Records contained in a dataset:

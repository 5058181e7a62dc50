-- ===== src/Iam/Saml/Provider.antt =====
-- redshift_connector/plugin/saml_credentials_provider.py: SamlCredentialsProvider, `get_credentials` and
-- `refresh`, with CredentialsHolder of redshift_connector/credentials_holder.py.
use amazon_redshift_python_d.Prelude.{
  ℕ, ◌+◌, Bool, true, Option, none, some, List, [], ◌∷◌, ◌++◌, map, if◌then◌else◌,
}
use amazon_redshift_python_d.Prelude.Action.{
  Action, pure, raise, lift, self, modify, except_do, ◌>>=◌, ◌>>◌,
}
use amazon_redshift_python_d.Prelude.Dict.{dict_get, dict_set}
use amazon_redshift_python_d.Prelude.Int.{ℤ, ltb_ℤ}
use amazon_redshift_python_d.Prelude.Result.{Exception, Result, ok, err, interface_error, key_error}
use amazon_redshift_python_d.Prelude.Text.{Text, codes}
use amazon_redshift_python_d.Iam.CacheKey.{str_attr}
use amazon_redshift_python_d.Iam.Login.{info_attr, Holder, saml_holder, IamMetadata}
use amazon_redshift_python_d.Iam.Properties.{Info, Attr, is_true, text}
use amazon_redshift_python_d.Iam.Saml.Assertion.{Document, Unicode, read_metadata, read_roles}

-- response["Credentials"]
pub record StsCred : Type 0 where
  pub access_key : Text
  pub secret_key : Text
  pub session_token : Text
  pub expires : ℤ

-- CredentialsHolder
pub record SamlCred : Type 0 where
  pub sts : StsCred
  pub metadata : IamMetadata

pub record SamlOutside : Type 0 where
  pub unicode : Unicode
  -- random.choice of a list that is not empty
  pub choice : List Text → Text
  -- the n-th call of get_saml_assertion; the document of an assertion; assume_role_with_saml; the time
  pub get_saml_assertion : ℕ → Result Text
  pub soup : Text → Result Document
  pub assume_role : Text → Text → Text → Result StsCred
  pub time : ℤ
  pub repr_list : List Text → Text

-- The provider: its parameters, the calls of get_saml_assertion and the roles assumed so far.
pub record SamlProvider : Type 0 where
  pub user_name : Attr
  pub password : Attr
  pub idp_host : Attr
  pub idp_port : Attr
  pub duration : Attr
  pub preferred_role : Attr
  pub db_user : Attr
  pub cache : List (Text × SamlCred)
  pub calls : ℕ
  pub assumed : List (Text × Text)

-- A new provider behind add_parameter.
unfoldable pub new_saml_provider : Action Info SamlProvider
new_saml_provider = do
  user_name ← info_attr (codes "user_name")
  password ← info_attr (codes "password")
  idp_host ← info_attr (codes "idp_host")
  idp_port ← info_attr (codes "idpPort")
  duration ← info_attr (codes "duration")
  preferred_role ← info_attr (codes "preferred_role")
  db_user ← info_attr (codes "db_user")
  pure (record {
    user_name = user_name;
    password = password;
    idp_host = idp_host;
    idp_port = idp_port;
    duration = duration;
    preferred_role = preferred_role;
    db_user = db_user;
    cache = [];
    calls = 0;
    assumed = [];
  })

-- get_cache_key
unfoldable pub saml_cache_key : SamlOutside → SamlProvider → Text
unfolding str_attr
saml_cache_key F p =
    str_attr F.repr_list p.user_name
    ++ (str_attr F.repr_list p.password
        ++ (str_attr F.repr_list p.idp_host
            ++ (str_attr F.repr_list p.idp_port
                ++ (str_attr F.repr_list p.duration ++ str_attr F.repr_list p.preferred_role))))

-- A role with roles[role], which is missing otherwise.
unfoldable pub role_with : Exception → Text → List (Text × Text) → Result (Text × Text)
role_with missing role roles = elim (dict_get role roles) [
  | none ↦ err missing
  | some provider ↦ ok (role, provider)
]

-- The role to assume: the preferred one, or any.
unfoldable pub choose_role : SamlOutside → Attr → List (Text × Text) → Result (Text × Text)
unfolding role_with
choose_role F preferred [] = err (interface_error "No role found in SamlAssertion")
choose_role F (text (c ∷ role)) (r ∷ roles) =
    role_with (interface_error "Preferred role not found in SamlAssertion") (c ∷ role) (r ∷ roles)
choose_role F preferred (r ∷ roles) =
    if is_true preferred
    then err (interface_error "Preferred role not found in SamlAssertion")
    else role_with key_error (F.choice (map (λ e. e.0) (r ∷ roles))) (r ∷ roles)

-- A failure of get_saml_assertion becomes InterfaceError.
unfoldable pub ask_assertion : SamlOutside → Action SamlProvider Text
ask_assertion F = do
  p ← self
  modify (λ p. record p { calls = p.calls + 1 })
  except_do (lift (F.get_saml_assertion p.calls))
      (λ e. raise (interface_error "Get saml assertion failed"))

unfoldable pub assume : SamlOutside → Text → Text × Text → Action SamlProvider StsCred
assume F assertion (role, principal) = do
  modify (λ p. record p { assumed = p.assumed ++ ((role, principal) ∷ []) })
  lift (F.assume_role role principal assertion)

unfoldable pub keep_cred : SamlOutside → SamlCred → Action SamlProvider (Unit {0})
unfolding saml_cache_key dict_set
keep_cred F cred = modify (λ p. record p { cache = dict_set (saml_cache_key F p) cred p.cache })

unfoldable pub refresh : SamlOutside → Action SamlProvider (Unit {0})
unfolding ask_assertion choose_role assume keep_cred
refresh F = do
  assertion ← ask_assertion F
  doc ← lift (F.soup assertion)
  roles ← lift (read_roles F.unicode (doc (codes "Attribute")) [])
  p ← self
  chosen ← lift (choose_role F p.preferred_role roles)
  sts ← assume F assertion chosen
  metadata ← lift (read_metadata F.unicode doc)
  keep_cred F (record { sts = sts; metadata = metadata })

-- is_expired, for what is in the cache
unfoldable pub is_stale : SamlOutside → Option SamlCred → Bool
is_stale F none = true
is_stale F (some cred) = ltb_ℤ cred.sts.expires F.time

-- credentials.metadata.set_db_user(db_user), if there is one, which is a str
unfoldable pub with_user : Attr → SamlCred → SamlCred
with_user (text (c ∷ user)) cred = record cred {
  metadata = record cred.metadata { db_user = some (c ∷ user) };
}
with_user v cred = cred

-- The credentials that are returned are those in the cache: the change is seen in both.
unfoldable pub take_cached : SamlOutside → Action SamlProvider SamlCred
unfolding keep_cred with_user
take_cached F = do
  p ← self
  cred ←
      lift (elim (dict_get (saml_cache_key F p) p.cache) [
        | none ↦ err key_error
        | some cred ↦ ok cred
      ])
  keep_cred F (with_user p.db_user cred)
  pure (with_user p.db_user cred)

unfoldable pub refresh_stale : SamlOutside → Action SamlProvider (Unit {0})
unfolding refresh is_stale
refresh_stale F = do
  p ← self
  if is_stale F (dict_get (saml_cache_key F p) p.cache)
      then except_do (refresh F) (λ e. raise (interface_error "Refreshing IdP credentials failed"))
      else pure tt

unfoldable pub get_saml_credentials : SamlOutside → Action SamlProvider SamlCred
unfolding refresh_stale take_cached
get_saml_credentials F = do refresh_stale F; take_cached F

-- What set_iam_credentials and set_cluster_credentials read: get_metadata and get_session_credentials.
unfoldable pub holder_of : SamlCred → Holder
holder_of cred = saml_holder (some cred.metadata) (
    (codes "aws_access_key_id", text cred.sts.access_key)
    ∷ (codes "aws_secret_access_key", text cred.sts.secret_key)
    ∷ (codes "aws_session_token", text cred.sts.session_token)
    ∷ [])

WORK TASK:
I need each of the entries above printed again exactly.

YOUR SOLUTION:
repository 5058181e7a62dc50
-- ===== src/Iam/Saml/Provider.antt =====
-- redshift_connector/plugin/saml_credentials_provider.py: SamlCredentialsProvider, `get_credentials` and
-- `refresh`, with CredentialsHolder of redshift_connector/credentials_holder.py.
use amazon_redshift_python_d.Prelude.{
  ℕ, ◌+◌, Bool, true, Option, none, some, List, [], ◌∷◌, ◌++◌, map, if◌then◌else◌,
}
use amazon_redshift_python_d.Prelude.Action.{
  Action, pure, raise, lift, self, modify, except_do, ◌>>=◌, ◌>>◌,
}
use amazon_redshift_python_d.Prelude.Dict.{dict_get, dict_set}
use amazon_redshift_python_d.Prelude.Int.{ℤ, ltb_ℤ}
use amazon_redshift_python_d.Prelude.Result.{Exception, Result, ok, err, interface_error, key_error}
use amazon_redshift_python_d.Prelude.Text.{Text, codes}
use amazon_redshift_python_d.Iam.CacheKey.{str_attr}
use amazon_redshift_python_d.Iam.Login.{info_attr, Holder, saml_holder, IamMetadata}
use amazon_redshift_python_d.Iam.Properties.{Info, Attr, is_true, text}
use amazon_redshift_python_d.Iam.Saml.Assertion.{Document, Unicode, read_metadata, read_roles}

-- response["Credentials"]
pub record StsCred : Type 0 where
  pub access_key : Text
  pub secret_key : Text
  pub session_token : Text
  pub expires : ℤ

-- CredentialsHolder
pub record SamlCred : Type 0 where
  pub sts : StsCred
  pub metadata : IamMetadata

pub record SamlOutside : Type 0 where
  pub unicode : Unicode
  -- random.choice of a list that is not empty
  pub choice : List Text → Text
  -- the n-th call of get_saml_assertion; the document of an assertion; assume_role_with_saml; the time
  pub get_saml_assertion : ℕ → Result Text
  pub soup : Text → Result Document
  pub assume_role : Text → Text → Text → Result StsCred
  pub time : ℤ
  pub repr_list : List Text → Text

-- The provider: its parameters, the calls of get_saml_assertion and the roles assumed so far.
pub record SamlProvider : Type 0 where
  pub user_name : Attr
  pub password : Attr
  pub idp_host : Attr
  pub idp_port : Attr
  pub duration : Attr
  pub preferred_role : Attr
  pub db_user : Attr
  pub cache : List (Text × SamlCred)
  pub calls : ℕ
  pub assumed : List (Text × Text)

-- A new provider behind add_parameter.
unfoldable pub new_saml_provider : Action Info SamlProvider
new_saml_provider = do
  user_name ← info_attr (codes "user_name")
  password ← info_attr (codes "password")
  idp_host ← info_attr (codes "idp_host")
  idp_port ← info_attr (codes "idpPort")
  duration ← info_attr (codes "duration")
  preferred_role ← info_attr (codes "preferred_role")
  db_user ← info_attr (codes "db_user")
  pure (record {
    user_name = user_name;
    password = password;
    idp_host = idp_host;
    idp_port = idp_port;
    duration = duration;
    preferred_role = preferred_role;
    db_user = db_user;
    cache = [];
    calls = 0;
    assumed = [];
  })

-- get_cache_key
unfoldable pub saml_cache_key : SamlOutside → SamlProvider → Text
unfolding str_attr
saml_cache_key F p =
    str_attr F.repr_list p.user_name
    ++ (str_attr F.repr_list p.password
        ++ (str_attr F.repr_list p.idp_host
            ++ (str_attr F.repr_list p.idp_port
                ++ (str_attr F.repr_list p.duration ++ str_attr F.repr_list p.preferred_role))))

-- A role with roles[role], which is missing otherwise.
unfoldable pub role_with : Exception → Text → List (Text × Text) → Result (Text × Text)
role_with missing role roles = elim (dict_get role roles) [
  | none ↦ err missing
  | some provider ↦ ok (role, provider)
]

-- The role to assume: the preferred one, or any.
unfoldable pub choose_role : SamlOutside → Attr → List (Text × Text) → Result (Text × Text)
unfolding role_with
choose_role F preferred [] = err (interface_error "No role found in SamlAssertion")
choose_role F (text (c ∷ role)) (r ∷ roles) =
    role_with (interface_error "Preferred role not found in SamlAssertion") (c ∷ role) (r ∷ roles)
choose_role F preferred (r ∷ roles) =
    if is_true preferred
    then err (interface_error "Preferred role not found in SamlAssertion")
    else role_with key_error (F.choice (map (λ e. e.0) (r ∷ roles))) (r ∷ roles)

-- A failure of get_saml_assertion becomes InterfaceError.
unfoldable pub ask_assertion : SamlOutside → Action SamlProvider Text
ask_assertion F = do
  p ← self
  modify (λ p. record p { calls = p.calls + 1 })
  except_do (lift (F.get_saml_assertion p.calls))
      (λ e. raise (interface_error "Get saml assertion failed"))

unfoldable pub assume : SamlOutside → Text → Text × Text → Action SamlProvider StsCred
assume F assertion (role, principal) = do
  modify (λ p. record p { assumed = p.assumed ++ ((role, principal) ∷ []) })
  lift (F.assume_role role principal assertion)

unfoldable pub keep_cred : SamlOutside → SamlCred → Action SamlProvider (Unit {0})
unfolding saml_cache_key dict_set
keep_cred F cred = modify (λ p. record p { cache = dict_set (saml_cache_key F p) cred p.cache })

unfoldable pub refresh : SamlOutside → Action SamlProvider (Unit {0})
unfolding ask_assertion choose_role assume keep_cred
refresh F = do
  assertion ← ask_assertion F
  doc ← lift (F.soup assertion)
  roles ← lift (read_roles F.unicode (doc (codes "Attribute")) [])
  p ← self
  chosen ← lift (choose_role F p.preferred_role roles)
  sts ← assume F assertion chosen
  metadata ← lift (read_metadata F.unicode doc)
  keep_cred F (record { sts = sts; metadata = metadata })

-- is_expired, for what is in the cache
unfoldable pub is_stale : SamlOutside → Option SamlCred → Bool
is_stale F none = true
is_stale F (some cred) = ltb_ℤ cred.sts.expires F.time

-- credentials.metadata.set_db_user(db_user), if there is one, which is a str
unfoldable pub with_user : Attr → SamlCred → SamlCred
with_user (text (c ∷ user)) cred = record cred {
  metadata = record cred.metadata { db_user = some (c ∷ user) };
}
with_user v cred = cred

-- The credentials that are returned are those in the cache: the change is seen in both.
unfoldable pub take_cached : SamlOutside → Action SamlProvider SamlCred
unfolding keep_cred with_user
take_cached F = do
  p ← self
  cred ←
      lift (elim (dict_get (saml_cache_key F p) p.cache) [
        | none ↦ err key_error
        | some cred ↦ ok cred
      ])
  keep_cred F (with_user p.db_user cred)
  pure (with_user p.db_user cred)

unfoldable pub refresh_stale : SamlOutside → Action SamlProvider (Unit {0})
unfolding refresh is_stale
refresh_stale F = do
  p ← self
  if is_stale F (dict_get (saml_cache_key F p) p.cache)
      then except_do (refresh F) (λ e. raise (interface_error "Refreshing IdP credentials failed"))
      else pure tt

unfoldable pub get_saml_credentials : SamlOutside → Action SamlProvider SamlCred
unfolding refresh_stale take_cached
get_saml_credentials F = do refresh_stale F; take_cached F

-- What set_iam_credentials and set_cluster_credentials read: get_metadata and get_session_credentials.
unfoldable pub holder_of : SamlCred → Holder
holder_of cred = saml_holder (some cred.metadata) (
    (codes "aws_access_key_id", text cred.sts.access_key)
    ∷ (codes "aws_secret_access_key", text cred.sts.secret_key)
    ∷ (codes "aws_session_token", text cred.sts.session_token)
    ∷ [])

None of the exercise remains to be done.